No cell types show significant (<0.1) pvalues here.
but remember to think carefully about which subset to use as the denominator.
Dirichlet regression#
The Dirichlet distribution models the probability of a multinomial random variable that sums to 1.
It provides an alternative to log-ratio regression for the modeling of compositional data.
meta <- filter(metadata, tech != 'fluidigmc1') # remove outlier
z <- ncells_mtx[meta$orig.ident,]
z <- z/rowSums(z)
all(rownames(z) == meta$orig.ident) # make sure its in the same order
dr <- DR_data(z)
summary(rowSums(dr))
Warning message in DR_data(z):
"some entries are 0 or 1 => transformation forced"

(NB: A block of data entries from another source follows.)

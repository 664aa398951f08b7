-- ===== src/Engine.antt =====
-- lib/engine.js, as far as its steps change runs and tasks by themselves: which failures block whom,
-- when a run is finished, and when a pausing run is paused.
pub mod Finish
pub mod Retry
pub mod Approvals
pub mod Failures
pub mod Control
pub mod Plan
mod Witnesses
use mathlib.Core.Bool.{decide}
use dsh_dag_orchestrator.Prelude.{
  ℕ, zero, suc, Bool, true, false, not, ◌&&◌, ◌||◌, List, [], ◌∷◌, ◌++◌, Option, none, some, String,
  ◌==◌, if◌then◌else◌, find, any, every, filter, map,
}
use dsh_dag_orchestrator.States.{
  TaskState, TaskState-discrete, pending, ready, queued, running, succeeded, failed, retry_wait,
  blocked, cancelled, other,
}
use dsh_dag_orchestrator.Json.{Value, null, string, number, object, Fields, end, field}
use dsh_dag_orchestrator.Ready.{Condition, on_succeeded, on_completed, includes}
use dsh_dag_orchestrator.Store.Rows.{
  ReasonText, coded, raw, RunState, RunState-discrete, RunRow, TaskRow, EventRow,
}
use dsh_dag_orchestrator.Store.Action.{
  Action, pure, throw, gets, tx, Cas, done, not_found, mismatch, ◌>>=◌,
}
use dsh_dag_orchestrator.Store.Runs.{run_is_terminal, no_run_patch, find_run, cas_run_state}
use dsh_dag_orchestrator.Store.Tasks.{TaskPatch, no_task_patch, find_tasks, cas_task_state}
use dsh_dag_orchestrator.Store.Attempts.{has_non_terminal_attempt}
use dsh_dag_orchestrator.Store.Events.{Event, insert_event}
use dsh_dag_orchestrator.Store.Payloads.{
  fields, run_state_name, task_state_name, change, on_done, Ambient,
}

abbrev pub is_state : TaskState → TaskRow → Bool
is_state s r = decide (TaskState-discrete r.state s)

-- TASK_TERMINAL_STATES
abbrev pub task_is_terminal : TaskState → Bool
task_is_terminal succeeded = true
task_is_terminal failed = true
task_is_terminal cancelled = true
task_is_terminal _ = false

unfoldable pub failure_type_to_policy_key : String → String
failure_type_to_policy_key t =
    if t == "transient"
    then "transient_network"
    else if t == "timeout"
    then "transient_network"
    else t

-- The code of a reason that is the text of an object with one.
abbrev pub parse_blocked_reason_code : Option ReasonText → Option String
parse_blocked_reason_code none = none
parse_blocked_reason_code (some (coded code about)) = some code
parse_blocked_reason_code (some (raw t)) = none

unfoldable pub is_soft_blocked : Option ReasonText → Bool
is_soft_blocked none = false
is_soft_blocked (some (coded code about)) =
    code == "approval_pending" || (code == "merge_conflicted" || code == "dag.output_missing")
is_soft_blocked (some (raw t)) =
    includes t "approval_pending"
    || (includes t "merge_conflicted" || includes t "dag.output_missing")

-- A task that can still move without a new decision about the run: `hasLiveWork`.
unfoldable pub is_live : TaskRow → Bool
unfolding is_soft_blocked
is_live r = live_in r.state
  where
    live_in : TaskState → Bool
    live_in pending = true
    live_in ready = true
    live_in queued = true
    live_in running = true
    live_in retry_wait = true
    live_in blocked = is_soft_blocked r.blocked_reason
    live_in _ = false

-- A task that is over, or blocked for good.
unfoldable pub is_settled : TaskRow → Bool
unfolding is_soft_blocked
is_settled r = settled_in r.state
  where
    settled_in : TaskState → Bool
    settled_in succeeded = true
    settled_in failed = true
    settled_in cancelled = true
    settled_in blocked = not (is_soft_blocked r.blocked_reason)
    settled_in _ = false

-- The terminal state that the tasks give a run, if it has one now; `cancelling` says that the run was
-- stopped.
unfoldable pub finish_target : Bool → List TaskRow → Option RunState
unfolding is_live is_settled TaskState-discrete
finish_target cancelling [] = none
finish_target cancelling (t ∷ ts) =
    let tasks = t ∷ ts in
    let all_terminal = every (λ (r : TaskRow). task_is_terminal r.state) tasks in
    let only_dead_blocked =
      not all_terminal && (not (any is_live tasks) && every is_settled tasks) in
    if not all_terminal && not only_dead_blocked
    then none
    else if cancelling
    then some RunState.cancelled
    else if any (is_state failed) tasks || only_dead_blocked
    then some RunState.failed
    else if every (is_state cancelled) tasks
    then some RunState.cancelled
    else some RunState.succeeded

abbrev pub run_type : RunState → String
run_type RunState.succeeded = "run.succeeded"
run_type RunState.failed = "run.failed"
run_type RunState.cancelled = "run.cancelled"
run_type _ = "run."

-- `FINALIZE_BLOCKING_INTENTS`
abbrev pub pause_intent : Option String → Bool
pause_intent none = false
pause_intent (some i) = i == "pause"

module _ (sha256 : String → String) where
  -- The transaction of `finalizeRunIfDone`.
  unfoldable pub land_run : String → RunState → Ambient → Action Bool
  land_run run_id target a = do
    current ← find_run run_id
    elim current [
      | none ↦ pure false
      | some run ↦ if run_is_terminal run.state then pure false else do
        cas ← cas_run_state run_id run.state run.version target no_run_patch a.now
        on_done cas false (do
          event ← insert_event sha256 a.event_id run_id (record {
            type = run_type target;
            task_id = none;
            attempt_id = none;
            at = a.now;
            payload =
                change (run_state_name run.state) (run_state_name target)
                  (("reason", string (run_state_name target)) ∷ []);
          })
          pure true)
    ]

  unfoldable pub finalize_run_if_done : String → Ambient → Action Bool
  unfolding RunState-discrete
  finalize_run_if_done run_id a = do
    found ← find_run run_id
    elim found [
      | none ↦ pure false
      | some run ↦
          if run_is_terminal run.state
          then pure true
          else if pause_intent run.control_intent
          then pure false
          else do
            tasks ← find_tasks run_id
            elim (finish_target (decide (RunState-discrete run.state RunState.cancelling)) tasks) [
              | none ↦ pure false
              | some target ↦ tx (land_run run_id target a)
            ]
    ]

  -- Whether any of the tasks still has an attempt in flight, each looked up in turn.
  unfoldable pub any_in_flight : String → List TaskRow → Action Bool
  any_in_flight run_id [] = pure false
  any_in_flight run_id (t ∷ ts) = do
    busy ← has_non_terminal_attempt run_id t.task_id
    if busy then pure true else any_in_flight run_id ts

  unfoldable pub pause_run : String → Ambient → Action (Unit {0})
  unfolding RunState-discrete
  pause_run run_id a = do
    found ← find_run run_id
    elim found [
      | none ↦ pure tt
      | some run ↦
          if not (decide (RunState-discrete run.state RunState.pausing))
            || not (pause_intent run.control_intent)
          then pure tt
          else do
            tasks ← find_tasks run_id
            busy ← any_in_flight run_id tasks
            if busy then pure tt else do
              cas ←
                  cas_run_state run_id RunState.pausing run.version RunState.paused no_run_patch
                    a.now
              on_done cas tt (do
                event ← insert_event sha256 a.event_id run_id (record {
                  type = "run.paused";
                  task_id = none;
                  attempt_id = none;
                  at = a.now;
                  payload = change "pausing" "paused" (("reason", string "pause-drain") ∷ []);
                })
                pure tt)
    ]

  unfoldable pub drain_to_paused : String → Ambient → Action (Unit {0})
  drain_to_paused run_id a = tx (pause_run run_id a)
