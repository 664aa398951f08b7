-- ===== src/Store/Approvals.antt =====
-- The methods of lib/dag-store.js on the table `approvals`.
use dsh_dag_orchestrator.Prelude.{
  ℕ, Bool, true, false, not, ◌&&◌, List, [], ◌∷◌, ◌++◌, Option, none, some, String, ◌==◌, nat_eq,
  ltb, if◌then◌else◌, filter, find,
}
use dsh_dag_orchestrator.Prelude.Texts.{text_le}
use dsh_dag_orchestrator.Prelude.Sort.{sort}
use dsh_dag_orchestrator.Store.Rows.{ApprovalState, ApprovalRow}
use dsh_dag_orchestrator.Store.Action.{
  Action, Cas, check, constraint, done, gets, mismatch, modify, need, not_found, pure, throw,
  type_error, ◌>>=◌, ◌>>◌,
}
use dsh_dag_orchestrator.Store.Tables.{update_where, changes}

abbrev pub is_pending : ApprovalState → Bool
is_pending ApprovalState.pending = true
is_pending _ = false

abbrev pub is_decided : ApprovalState → Bool
is_decided ApprovalState.approved = true
is_decided ApprovalState.rejected = true
is_decided _ = false

abbrev pub approval_at : String → ApprovalRow → Bool
approval_at id r = r.approval_id == id

abbrev before_or : ℕ → ℕ → Bool → Bool
before_or a b tie = if ltb a b then true else if ltb b a then false else tie

-- ORDER BY created_at, approval_id
abbrev created_le : ApprovalRow → ApprovalRow → Bool
created_le a b = before_or a.created_at b.created_at (text_le a.approval_id b.approval_id)

-- ORDER BY decided_at, approval_id; a `NULL` comes first.
abbrev decided_le : ApprovalRow → ApprovalRow → Bool
decided_le a b = elim a.decided_at [
  | none ↦ elim b.decided_at [ none ↦ text_le a.approval_id b.approval_id | some t ↦ true ]
  | some t ↦ elim b.decided_at [
    | none ↦ false
    | some u ↦ before_or t u (text_le a.approval_id b.approval_id)
  ]
]

unfoldable pub insert_approval : ApprovalRow → Action (Option ApprovalRow)
insert_approval row = do
  check (
      need row.approval_id "approval_id"
      ∷ need row.run_id "run_id"
      ∷ need row.task_id "task_id"
      ∷ need row.action "action"
      ∷ [])
  taken ← gets (λ s. changes (approval_at row.approval_id) s.approvals)
  if nat_eq taken 0
      then modify (λ s. record s { approvals = s.approvals ++ row ∷ [] })
      else throw (constraint "approvals.approval_id")
  gets (λ s. find (approval_at row.approval_id) s.approvals)

unfoldable pub find_pending_approvals : String → Action (List ApprovalRow)
unfolding sort text_le
find_pending_approvals run_id = do
  check (need run_id "runId" ∷ [])
  gets (λ s. sort created_le (filter (λ r. r.run_id == run_id && is_pending r.state) s.approvals))

unfoldable pub find_approvals_by_task : String → String → Action (List ApprovalRow)
unfolding sort text_le
find_approvals_by_task run_id task_id = do
  check (need run_id "runId" ∷ need task_id "taskId" ∷ [])
  gets (λ s. sort created_le (filter (λ r. r.run_id == run_id && r.task_id == task_id) s.approvals))

unfoldable pub find_decided_approvals : String → Action (List ApprovalRow)
unfolding sort text_le
find_decided_approvals run_id = do
  check (need run_id "runId" ∷ [])
  gets (λ s. sort decided_le (filter (λ r. r.run_id == run_id && is_decided r.state) s.approvals))

abbrev pub pending_at : String → ApprovalRow → Bool
pending_at id r = approval_at id r && is_pending r.state

-- `COALESCE(?, note)`
abbrev coalesce : Option String → Option String → Option String
coalesce none old = old
coalesce (some n) old = some n

abbrev pub set_decision : ApprovalState → Option String → ℕ → ApprovalRow → ApprovalRow
set_decision decision note now r = record r {
  state = decision;
  note = coalesce note r.note;
  decided_at = some now;
}

unfoldable pub decide_rows :
    String
    → ApprovalState
    → Option String
    → ℕ
    → List ApprovalRow
    → Cas ApprovalRow ApprovalRow × List ApprovalRow
decide_rows id decision note now rows =
    let rows' = update_where (pending_at id) (set_decision decision note now) rows in
    if nat_eq (changes (pending_at id) rows) 1
    then (elim (find (approval_at id) rows') [ some r ↦ done r | none ↦ not_found ], rows')
    else (elim (find (approval_at id) rows) [ some r ↦ mismatch r | none ↦ not_found ], rows')

-- `mismatch` is the answer `already_decided`.
unfoldable pub decide_approval :
    String → ApprovalState → Option String → ℕ → Action (Cas ApprovalRow ApprovalRow)
unfolding decide_rows
decide_approval id decision note now = do
  check (need id "approvalId" ∷ (not (is_decided decision), type_error "decision") ∷ [])
  answer ← gets (λ s. decide_rows id decision note now s.approvals)
  modify (λ s. record s { approvals = answer.1 })
  pure answer.0
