-- ===== src/Mirror/Converge/Steps.antt =====
-- What one step of the loops of `converge` does to the files of the repo.
use workspace_api.Base.{
  ◌≡◌, refl, sym, ap, ◌∙◌, Bool, false, not, ◌||◌, Option, none, some, [], Text, same, same→eq,
  has_prefix, is_some, lookup, Map, Result, ok, M, ◌>>=◌, ◌>>◌, next-eq-ok, best_effort, pure,
  if◌then◌else◌, arith, Bool-cases, inl, inr,
}
use workspace_api.Model.{
  CommitAuthor, DefinitionFile, DefinitionRender, Notice, file_overwritten, Notification,
}
use workspace_api.Postgres.{notify, upsert_definition_render}
use workspace_api.Mirror.World.{RepoClient, World, Mirror, on_repo, on_db}
use workspace_api.Mirror.Files.{pipeline_file_header}
use workspace_api.Mirror.Effects.{
  IsRepo, Leaves, Sets, Leaves-bind, Leaves-best_effort, Leaves-if, Leaves-on_db,
}
use workspace_api.Mirror.Converge.{
  record_definition_render, tell, adopt_in_sync_render, is_drifted, upsert_file, delete_stale_file,
  delete_stale_rendered_file,
}

-- What the collection of stale definitions does to a file.
abbrev pub without_rendered : Option Text → Option Text
without_rendered none = none
without_rendered (some content) =
    if has_prefix pipeline_file_header content then none else some content

pub on_repo-eq :
    {R A : Type 0} (op : M R A) (w t : World R) {r : Result A}
    → on_repo op w ≡ (r, t)
    → op w.repo ≡ (r, t.repo)
unfolding on_repo
on_repo-eq op w t h = ap (λ z. (z.0, z.1.repo)) h

module _ {R : Type 0} (file : R → Text → Option Text) where
  pub Leaves-eq :
      {A : Type 0} (op : M (World R) A) (q : Text) {w t : World R} {r : Result A}
      → Leaves file op q
      → op w ≡ (r, t)
      → file t.repo q ≡ file w.repo q
  Leaves-eq op q {w} l h = sym (ap (λ z. file z.1.repo q) h) ∙ l w

  module _ (m : Mirror R) (q : Text) where
    pub Leaves-record :
        (id path blob_sha : Text) → Leaves file (record_definition_render m id path blob_sha) q
    unfolding record_definition_render
    Leaves-record id path blob_sha =
        let op = on_db (upsert_definition_render id path blob_sha) in
        Leaves-if file q m.definition_renders (best_effort op) (pure tt)
          (Leaves-best_effort file q op
            (Leaves-on_db file q (upsert_definition_render id path blob_sha)))
          (λ w. refl)

    pub Leaves-tell :
        (slug : Text) (notice : Notice) (id : Text) → Leaves file (tell m slug notice id) q
    unfolding tell
    Leaves-tell slug notice id =
        let n : Notification = record { customer_slug = slug; notice = notice; pipeline_id = id } in
        Leaves-if file q m.notifications (best_effort (on_db (notify n))) (pure tt)
          (Leaves-best_effort file q (on_db (notify n)) (Leaves-on_db file q (notify n)))
          (λ w. refl)

    Leaves-adopt :
        (id path sha : Text) (row : Option DefinitionRender)
        → Leaves file (adopt_in_sync_render m id path sha row) q
    unfolding adopt_in_sync_render
    Leaves-adopt id path sha none = Leaves-record id path sha
    Leaves-adopt id path sha (some row) =
        Leaves-if file q (not (same row.blob_sha sha) || not (same row.path path))
          (record_definition_render m id path sha) (pure tt) (Leaves-record id path sha) (λ w. refl)

    after_put :
        (slug id p sha : Text) (drifted : Bool)
        → Leaves file
            (record_definition_render m id p sha
              >> (if drifted then tell m slug file_overwritten id else pure tt))
            q
    after_put slug id p sha drifted =
        Leaves-bind file q (record_definition_render m id p sha) _ (Leaves-record id p sha) λ _.
          Leaves-if file q drifted (tell m slug file_overwritten id) (pure tt)
            (Leaves-tell slug file_overwritten id) (λ w. refl)

  module _ (client : RepoClient R) (repo : IsRepo client file) (author : Option CommitAuthor) where
    pub Leaves-get : (p q : Text) → Leaves file (on_repo (client.get_contents p)) q
    unfolding on_repo
    Leaves-get p q w = repo.get_file p w.repo q

    pub Leaves-put :
        (p content sha q : Text)
        → same p q ≡ false
        → Leaves file (on_repo (client.put_contents p content sha author)) q
    unfolding on_repo
    Leaves-put p content sha q h w = repo.put_file p content sha author w.repo q h

    pub Leaves-delete :
        (p sha q : Text)
        → same p q ≡ false
        → Leaves file (on_repo (client.delete_contents p sha author)) q
    unfolding on_repo
    Leaves-delete p sha q h w = repo.delete_file p sha author w.repo q h

    -- A put, and then what leaves the file alone.
    put_then :
        (p content sha : Text) (k : Text → M (World R) (Unit {0}))
        → ((a : Text) → Leaves file (k a) p)
        → Sets file (on_repo (client.put_contents p content sha author) >>= k) p (λ _. some content)
    put_then p content sha k l w t h =
        let op = client.put_contents p content sha author in
        let (a, u, first, rest) = next-eq-ok (on_repo op w) k h in
        Leaves-eq (k a) p (l a) rest ∙ repo.put (on_repo-eq op w u first)

    -- A read, and then what depends on the content that it gave.
    get_then :
        (p : Text) (k : Text × Text → M (World R) (Unit {0})) (f : Option Text → Option Text)
        → ((content sha : Text) (w t : World R)
            → file w.repo p ≡ some content
            → k (content, sha) w ≡ (ok tt, t)
            → file t.repo p ≡ f (some content))
        → Sets file (on_repo (client.get_contents p) >>= k) p f
    get_then p k f then_k w t h =
        let op = client.get_contents p in
        let ((content, sha), u, first, rest) = next-eq-ok (on_repo op w) k h in
        let before : file w.repo p ≡ some content = repo.got (on_repo-eq op w u first) in
        then_k content sha u t (Leaves-eq (on_repo op) p (Leaves-get p p) first ∙ before) rest
        ∙ ap f (sym before)

    -- Deleting a stale definition.
    pub delete_stale_rendered_file_other :
        {V : Type 0} (desired : Map V) (p sha q : Text)
        → same p q ≡ false
        → Leaves file (delete_stale_rendered_file client author desired p sha) q
    unfolding delete_stale_rendered_file
    delete_stale_rendered_file_other desired p sha q h =
        Leaves-if file q (is_some (lookup p desired)) (pure tt) _ (λ w. refl)
          (Leaves-bind file q (on_repo (client.get_contents p)) _ (Leaves-get p q) λ got.
            Leaves-if file q (not (has_prefix pipeline_file_header got.0)) (pure tt) _ (λ w. refl)
              (Leaves-delete p sha q h))

    delete_stale_content :
        (p content sha tree_sha : Text) (w t : World R)
        → file w.repo p ≡ some content
        → (if not (has_prefix pipeline_file_header content)
              then pure tt
              else on_repo (client.delete_contents p tree_sha author))
            w
          ≡ (ok tt, t)
        → file t.repo p ≡ without_rendered (some content)
    delete_stale_content p content sha tree_sha w t e h =
        elim (Bool-cases (has_prefix pipeline_file_header content)) [
          | inl g ↦ ground (
            arith,
            repo.deleted (on_repo-eq (client.delete_contents p tree_sha author) w t (rw g at h)),
          )
          | inr g ↦ ground (arith, e, ap (λ r. file r.1.repo p) (rw g at h))
        ]

    pub delete_stale_rendered_file_own :
        {V : Type 0} (desired : Map V) (p sha : Text)
        → Sets file
            (delete_stale_rendered_file client author desired p sha)
            p
            (λ v. if is_some (lookup p desired) then v else without_rendered v)
    unfolding delete_stale_rendered_file
    delete_stale_rendered_file_own desired p sha w t h =
        elim (Bool-cases (is_some (lookup p desired))) [
          | inl e ↦ ground (arith, ap (λ r. file r.1.repo p) (sym (rw e at h)))
          | inr e ↦ rw e (
              get_then p _ without_rendered (λ c s. delete_stale_content p c s sha) w t (rw e at h))
        ]

    pub delete_stale_file_other :
        {V : Type 0} (desired : Map V) (p sha q : Text)
        → same p q ≡ false
        → Leaves file (delete_stale_file client author desired p sha) q
    unfolding delete_stale_file
    delete_stale_file_other desired p sha q h =
        Leaves-if file q (is_some (lookup p desired)) (pure tt) _ (λ w. refl)
          (Leaves-delete p sha q h)

    module _ (m : Mirror R) where
      -- Writing a definition.
      pub upsert_file_other :
          (slug : Text) (renders : Map DefinitionRender) (p : Text) (df : DefinitionFile)
          (tree_sha : Option Text) (q : Text)
          → same p q ≡ false
          → Leaves file (upsert_file m client slug author renders p df tree_sha) q
      unfolding upsert_file
      upsert_file_other slug renders p df none q h =
          Leaves-bind file q (on_repo (client.put_contents p df.content [] author)) _
            (Leaves-put p df.content [] q h) λ sha. Leaves-record m q df.pipeline_id p sha
      upsert_file_other slug renders p df (some tree_sha) q h =
          let row = lookup df.pipeline_id renders in
          Leaves-bind file q (on_repo (client.get_contents p)) _ (Leaves-get p q) λ got.
            Leaves-if file q (same got.0 df.content) _ _
              (Leaves-adopt m q df.pipeline_id p tree_sha row)
              (Leaves-bind file q (on_repo (client.put_contents p df.content got.1 author)) _
                (Leaves-put p df.content got.1 q h)
                λ sha. after_put m q slug df.pipeline_id p sha (is_drifted m p tree_sha row))

      upsert_present :
          (slug : Text) (renders : Map DefinitionRender) (p : Text) (df : DefinitionFile)
          (tree_sha content sha : Text) (w t : World R)
          → file w.repo p ≡ some content
          → (if same content df.content
                then adopt_in_sync_render m df.pipeline_id p tree_sha
                    (lookup df.pipeline_id renders)
                else (on_repo (client.put_contents p df.content sha author) >>= λ new_sha.
                    record_definition_render m df.pipeline_id p new_sha
                    >> (if is_drifted m p tree_sha (lookup df.pipeline_id renders)
                        then tell m slug file_overwritten df.pipeline_id
                        else pure tt)))
              w
            ≡ (ok tt, t)
          → file t.repo p ≡ some df.content
      upsert_present slug renders p df tree_sha content sha w t e h =
          let row = lookup df.pipeline_id renders in
          elim (Bool-cases (same content df.content)) [
            | inl g ↦
                Leaves-eq (adopt_in_sync_render m df.pipeline_id p tree_sha row) p
                  (Leaves-adopt m p df.pipeline_id p tree_sha row) (rw g at h)
                ∙ ground (arith, e, same→eq content df.content g)
            | inr g ↦
                put_then p df.content sha _
                  (λ a. after_put m p slug df.pipeline_id p a (is_drifted m p tree_sha row)) w t
                  (rw g at h)
          ]

      pub upsert_file_own :
          (slug : Text) (renders : Map DefinitionRender) (p : Text) (df : DefinitionFile)
          (tree_sha : Option Text)
          → Sets file
              (upsert_file m client slug author renders p df tree_sha)
              p
              (λ _. some df.content)
      unfolding upsert_file
      upsert_file_own slug renders p df none =
          put_then p df.content [] (record_definition_render m df.pipeline_id p)
            (Leaves-record m p df.pipeline_id p)
      upsert_file_own slug renders p df (some tree_sha) =
          get_then p _ (λ _. some df.content) (upsert_present slug renders p df tree_sha)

Min. 1st Qu. Median Mean 3rd Qu. Max.
1 1 1 1 1 1
Note that the Dirichlet distribution can’t model zeroes or ones, so a transformation was applied in these cases.
reg <- DirichReg(dr ~ tech - 1, meta)
reg
Call:
DirichReg(formula = dr ~ tech - 1, data = meta)
using the common parametrization
Log-likelihood: 771.9 on 32 df (105 BFGS + 1 NR Iterations)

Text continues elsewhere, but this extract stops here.